Pendant ce temps, Vladimir Poutine a convoqué une réunion d’urgence de son conseil de sécurité nationale, ce qui a précipité la propre escalade de la Russie le 11, lorsque les infrastructures ukrainiennes ont enfin été attaquées, plongeant une grande partie du pays dans le noir.
(…)
La contre-offensive de Kharkov
Au risque de paraître très pédant, la contre-offensive de l’Ukraine dans l’est de l’Oblast de Kharkov est une excellente démonstration des difficultés d’évaluation des opérations militaires. Tout le monde est d’accord sur la géographie de base de ce qui s’est passé : L’Ukraine a libéré des forces russes tout ce qui se trouve à l’ouest de la rivière Oskil. En revanche, personne ne s’accorde sur ce que cela signifie. J’ai vu toutes les interprétations suivantes posées – notez que les gens sont arrivés à toutes ces conclusions à partir du même ensemble de données :
La Russie a attiré l’Ukraine dans un piège et va bientôt contre-attaquer.
La Russie s’est volontairement retirée de Kharkov pour donner la priorité à d’autres fronts.
La Russie a attiré les Ukrainiens pour les frapper à l’artillerie.
La Russie a subi un échec massif en matière de renseignement et n’a pas vu ou réagi à l’offensive de l’Ukraine.
La Russie a subi une défaite au combat et a été contrainte de battre en retraite.
Faisons une autopsie méthodique et voyons ce qu’il en ressort.
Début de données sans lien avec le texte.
-- ===== src/FloorCache.antt =====
-- The state file that keeps a rollback floor beside the last bundle: core/policy/cache.go (a floor
-- of sequence numbers) and core/revocation/cache.go (a floor of times), which are the same code over
-- two types. `encoding/json` is the record `Json`; the reading and writing calls of the operating
-- system are `fails` and `Faults`.
pub mod Ratchet
use bacchus.Shared.{
  ℕ, List, [], Bool, true, false, not, Option, none, some, Bytes, length, ltb, ◌==◌, if◌then◌else◌,
  ℤ, pos, eqb_ℤ, Result, ok, err,
}
use bacchus.Atomicfile
use bacchus.Atomicfile.{Disk, File, Faults, World}
use bacchus.Atomicfile.Install.{put}

pub record CacheFile : Type 0 where
  pub version : ℤ
  pub floor : ℕ
  pub bundle : Bytes

pub record Json : Type 0 where
  pub encode : CacheFile → Option Bytes
  pub decode : Bytes → Option CacheFile

pub data Error (E : Type 0) : Type 0 where
  read_failed parse_failed unsupported_state marshal_failed persist_failed : Error E
  bundle_refused : E → Error E

-- `os.ReadFile`: the file may be absent, and reading it may fail.
pub data Contents : Type 0 where
  missing failed : Contents
  bytes : Bytes → Contents

abbrev contents_of : Option File → Contents
contents_of none = missing
contents_of (some f) = bytes f.content

abbrev pub read_file : Bool → Disk → Contents
read_file fails d = if fails then failed else contents_of d.target

-- Go's zero value.
abbrev pub empty_file : CacheFile
empty_file = record { version = pos 0; floor = 0; bundle = [] }

-- The floor and the file that `peek` reports, for what was read.
abbrev peek_file : Option CacheFile → ℕ × CacheFile
peek_file none = (0, empty_file)
peek_file (some f) = if eqb_ℤ f.version (pos 1) then (f.floor, f) else (f.floor, empty_file)

abbrev peek_contents : Json → Contents → ℕ × CacheFile
peek_contents j missing = (0, empty_file)
peek_contents j failed = (0, empty_file)
peek_contents j (bytes b) = peek_file (j.decode b)

unfoldable pub peek : Json → Bool → Disk → ℕ × CacheFile
peek j fails d = peek_contents j (read_file fails d)

abbrev persisted :
    {E : Type 0} → Result Atomicfile.Error (Unit {0}) × World → Result (Error E) (Unit {0}) × Disk
persisted (ok u, w) = (ok tt, w.disk)
persisted (err e, w) = (err persist_failed, w.disk)

-- A raised floor is written durably. 0600.
unfoldable pub write_atomic :
    {E : Type 0} → Faults → Bytes → Bool → Disk → Result (Error E) (Unit {0}) × Disk
write_atomic f b raises_floor d = persisted (put raises_floor f b 0o600 d)

-- `MarshalIndent`, then the write.
abbrev save :
    {E : Type 0} → Json → Faults → CacheFile → Bool → Disk → Result (Error E) (Unit {0}) × Disk
save j f file raises d = elim (j.encode file) [
  | none ↦ (err marshal_failed, d)
  | some b ↦ write_atomic f b raises d
]

unfoldable pub store :
    {E : Type 0} → Json → Bool → Faults → Bytes → ℕ → Disk → Result (Error E) (Unit {0}) × Disk
store j fails f raw floor d =
    let prev = (peek j fails d).0 in
    let raises = ltb prev floor in
    let kept = if ltb floor prev then prev else floor in
    save j f (record { version = pos 1; floor = kept; bundle = raw }) raises d

unfoldable pub store_floor :
    {E : Type 0} → Json → Bool → Faults → ℕ → Disk → Result (Error E) (Unit {0}) × Disk
store_floor j fails f floor d =
    let (prev, file) = peek j fails d in
    let raises = ltb prev floor in
    let kept = if ltb floor prev then prev else floor in
    save j f (record file { version = pos 1; floor = kept }) raises d

-- The floor, the document if there is one, and the error if there is one.
abbrev pub Loaded : Type 0 → Type 0 → Type 0
Loaded E D = ℕ × Option D × Option (Error E)

abbrev load_bundle : {E D : Type 0} → ℕ → Result E D → Loaded E D
load_bundle floor (ok d) = (floor, some d, none)
load_bundle floor (err e) = (floor, none, some (bundle_refused e))

-- `open_bundle` parses a bundle and verifies it against the floor.
abbrev load_file : {E D : Type 0} → (Bytes → ℕ → Result E D) → Option CacheFile → Loaded E D
load_file open_bundle none = (0, none, some parse_failed)
load_file open_bundle (some f) =
    if not (eqb_ℤ f.version (pos 1))
    then (f.floor, none, some unsupported_state)
    else if length f.bundle == 0
    then (f.floor, none, none)
    else load_bundle f.floor (open_bundle f.bundle f.floor)

abbrev load_contents : {E D : Type 0} → Json → (Bytes → ℕ → Result E D) → Contents → Loaded E D
load_contents j open_bundle missing = (0, none, none)
load_contents j open_bundle failed = (0, none, some read_failed)
load_contents j open_bundle (bytes b) = load_file open_bundle (j.decode b)

unfoldable pub load : {E D : Type 0} → Json → (Bytes → ℕ → Result E D) → Bool → Disk → Loaded E D
load j open_bundle fails d = load_contents j open_bundle (read_file fails d)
La première chose que nous voulons noter est que la disparité des forces sur ce front était absolument risible. L’Ukraine a réuni un groupe d’attaque d’au moins cinq brigades complètes, et a visé une ligne de contact où il n’y avait aucune troupe régulière russe. Les défenses russes de la ligne de front dans la région étaient constituées de miliciens et de gardes nationaux alliés du Donbas. Il semble qu’il y ait eu un seul groupe tactique de bataillons (GTB) à Izioum, mais guère plus.
Il est indéniable, même pour les Ukrainiens qui célèbrent l’avancée, que l’oblast de Kharkov a été presque entièrement vidé de ses troupes russes, ne laissant guère plus qu’une force de protection. Deux choses importantes en découlent. Premièrement, le groupe de choc ukrainien avançait dans la plupart des endroits contre une résistance pratiquement inexistante. Deuxièmement, et c’est plus inquiétant pour l’Ukraine, les unités de faible qualité laissées sur place à des fins d’écran ont pu opposer une bonne résistance aux Ukrainiens – les hommes de Rosgvardiya à Balakliya ont tenu bon pendant plusieurs jours avant d’être évacués par un couloir.
(… ) Je pensais que l’avancée ukrainienne culminerait à la rivière Oskil, les laissant vulnérables à une contre-attaque russe par les réserves qui arrivaient. Il semble maintenant assez clair que c’est incorrect, et que les réserves russes qui étaient en route avaient pour mission de stabiliser la défense à l’Oskil, et non de lancer une contre-attaque.
Ce n’était pas un piège opérationnel pour la Russie, mais ce n’était pas non plus une victoire dans la bataille pour l’Ukraine – pour la simple raison qu’il n’y a pas eu de bataille du tout. La Russie avait déjà évidé ces positions et a retiré très rapidement les forces de protection restantes. L’Ukraine a couvert beaucoup de terrain, mais n’a pu détruire aucune unité russe, car il n’y en avait pas vraiment.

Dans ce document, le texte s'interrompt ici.